━━━ Data provided

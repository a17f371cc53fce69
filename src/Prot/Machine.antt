-- ===== src/Prot/Machine.antt =====
-- lib/sdoprot.c: the tables of message handlers, and the loop that runs them, `sdo_process_states`.
-- The handlers themselves (lib/prot) are a parameter: a function for each entry of the tables, from
-- the run to the run and the C result, which is 0 for success.
use client_sdk.Base.{
  ℕ, zero, suc, ◌-◌, Bool, true, false, ◌&&◌, Option, none, some, leb, ◌==◌, if◌then◌else◌,
}
use client_sdk.Env.{Env}
use client_sdk.Prot.{
  Prot, sdo_state_error, sdo_state_done, sdo_state_to2_rcv_done_2, message_body_error, ps_free,
  sdo_send_error_message,
}

-- A table, and the index in it.
pub data StateFn : Type 0 where
  di_state_fn : ℕ → StateFn
  to1_state_fn : ℕ → StateFn
  to2_state_fn : ℕ → StateFn

abbrev pub within : ℕ → ℕ → ℕ → Bool
within lo hi s = leb lo s && leb s hi

-- The switch: a state that no case names keeps the function that was there.
unfoldable pub choose_fn : ℕ → Option StateFn → Option StateFn
choose_fn state kept =
    if within 10 13 state
    then some (di_state_fn (state - 10))
    else if within 30 33 state
    then some (to1_state_fn (state - 30))
    else if within 40 51 state
    then some (to2_state_fn (state - 40))
    else kept

abbrev pub Handlers : Type 0
Handlers = StateFn → Prot → Prot × ℕ

-- How a round of the loop ends: it breaks with a status, or goes on with the function chosen.
pub data Round : Type 0 where
  stop : Prot → Bool → Round
  again : Prot → Option StateFn → Round

-- What is done behind a handler that succeeded, or that was not called.
unfoldable pub free_if_finished : ℕ → Prot → Prot
free_if_finished prev ps =
    if prev == sdo_state_to2_rcv_done_2 && ps.state == sdo_state_done then ps_free ps else ps

unfoldable pub settle : ℕ → StateFn → Prot → Round
settle prev fn ps =
    let p = free_if_finished prev ps in if prev == p.state then stop p true else again p (some fn)

module _ (e : Env) where
  -- A handler has failed: the state, the message to the server, and the data are cleared.
  unfoldable pub parse_error : Prot → Prot
  parse_error ps =
      let failed = record ps { state = sdo_state_error } in
      ps_free (record failed {
        sdow =
            sdo_send_error_message e failed.sdow message_body_error failed.state
              (e.print_parse_error ps.state);
      })

  unfoldable pub after_call : ℕ → StateFn → Prot × ℕ → Round
  unfolding settle
  after_call prev fn (ps, zero) = settle prev fn ps
  after_call prev fn (ps, suc k) = stop (parse_error ps) false

  unfoldable pub round_with : Handlers → Option StateFn → Prot → Round
  unfolding settle after_call
  round_with h none ps = stop ps false
  round_with h (some fn) ps =
      if ps.state == sdo_state_done then settle ps.state fn ps else after_call ps.state fn (h fn ps)

  unfoldable pub round : Handlers → Prot → Option StateFn → Round
  unfolding round_with
  round h ps kept = round_with h (choose_fn ps.state kept) ps

  -- The loop, on fuel; `none` is no result of the C function: the fuel ran out.
  unfoldable pub process_loop : Handlers → ℕ → Prot → Option StateFn → Option (Prot × Bool)
  process_loop h zero ps kept = none
  process_loop h (suc fuel) ps kept = elim (round h ps kept) [
    | stop ps' status ↦ some (ps', status)
    | again ps' fn ↦ process_loop h fuel ps' fn
  ]

  -- From the start, with no function chosen yet.
  unfoldable pub sdo_process_states : Handlers → ℕ → Prot → Option (Prot × Bool)
  unfolding process_loop
  sdo_process_states h fuel ps = process_loop h fuel ps none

━━━━━━

◆ **Requirement**
Extract the listing in its entirety, matching it exactly.

◆ **Expected output**
repository a17f371cc53fce69
filename src/Prot/Machine.antt
-- ===== src/Prot/Machine.antt =====
-- lib/sdoprot.c: the tables of message handlers, and the loop that runs them, `sdo_process_states`.
-- The handlers themselves (lib/prot) are a parameter: a function for each entry of the tables, from
-- the run to the run and the C result, which is 0 for success.
use client_sdk.Base.{
  ℕ, zero, suc, ◌-◌, Bool, true, false, ◌&&◌, Option, none, some, leb, ◌==◌, if◌then◌else◌,
}
use client_sdk.Env.{Env}
use client_sdk.Prot.{
  Prot, sdo_state_error, sdo_state_done, sdo_state_to2_rcv_done_2, message_body_error, ps_free,
  sdo_send_error_message,
}

-- A table, and the index in it.
pub data StateFn : Type 0 where
  di_state_fn : ℕ → StateFn
  to1_state_fn : ℕ → StateFn
  to2_state_fn : ℕ → StateFn

abbrev pub within : ℕ → ℕ → ℕ → Bool
within lo hi s = leb lo s && leb s hi

-- The switch: a state that no case names keeps the function that was there.
unfoldable pub choose_fn : ℕ → Option StateFn → Option StateFn
choose_fn state kept =
    if within 10 13 state
    then some (di_state_fn (state - 10))
    else if within 30 33 state
    then some (to1_state_fn (state - 30))
    else if within 40 51 state
    then some (to2_state_fn (state - 40))
    else kept

abbrev pub Handlers : Type 0
Handlers = StateFn → Prot → Prot × ℕ

-- How a round of the loop ends: it breaks with a status, or goes on with the function chosen.
pub data Round : Type 0 where
  stop : Prot → Bool → Round
  again : Prot → Option StateFn → Round

-- What is done behind a handler that succeeded, or that was not called.
unfoldable pub free_if_finished : ℕ → Prot → Prot
free_if_finished prev ps =
    if prev == sdo_state_to2_rcv_done_2 && ps.state == sdo_state_done then ps_free ps else ps

unfoldable pub settle : ℕ → StateFn → Prot → Round
settle prev fn ps =
    let p = free_if_finished prev ps in if prev == p.state then stop p true else again p (some fn)

module _ (e : Env) where
  -- A handler has failed: the state, the message to the server, and the data are cleared.
  unfoldable pub parse_error : Prot → Prot
  parse_error ps =
      let failed = record ps { state = sdo_state_error } in
      ps_free (record failed {
        sdow =
            sdo_send_error_message e failed.sdow message_body_error failed.state
              (e.print_parse_error ps.state);
      })

  unfoldable pub after_call : ℕ → StateFn → Prot × ℕ → Round
  unfolding settle
  after_call prev fn (ps, zero) = settle prev fn ps
  after_call prev fn (ps, suc k) = stop (parse_error ps) false

  unfoldable pub round_with : Handlers → Option StateFn → Prot → Round
  unfolding settle after_call
  round_with h none ps = stop ps false
  round_with h (some fn) ps =
      if ps.state == sdo_state_done then settle ps.state fn ps else after_call ps.state fn (h fn ps)

  unfoldable pub round : Handlers → Prot → Option StateFn → Round
  unfolding round_with
  round h ps kept = round_with h (choose_fn ps.state kept) ps

  -- The loop, on fuel; `none` is no result of the C function: the fuel ran out.
  unfoldable pub process_loop : Handlers → ℕ → Prot → Option StateFn → Option (Prot × Bool)
  process_loop h zero ps kept = none
  process_loop h (suc fuel) ps kept = elim (round h ps kept) [
    | stop ps' status ↦ some (ps', status)
    | again ps' fn ↦ process_loop h fuel ps' fn
  ]

  -- From the start, with no function chosen yet.
  unfoldable pub sdo_process_states : Handlers → ℕ → Prot → Option (Prot × Bool)
  unfolding process_loop
  sdo_process_states h fuel ps = process_loop h fuel ps none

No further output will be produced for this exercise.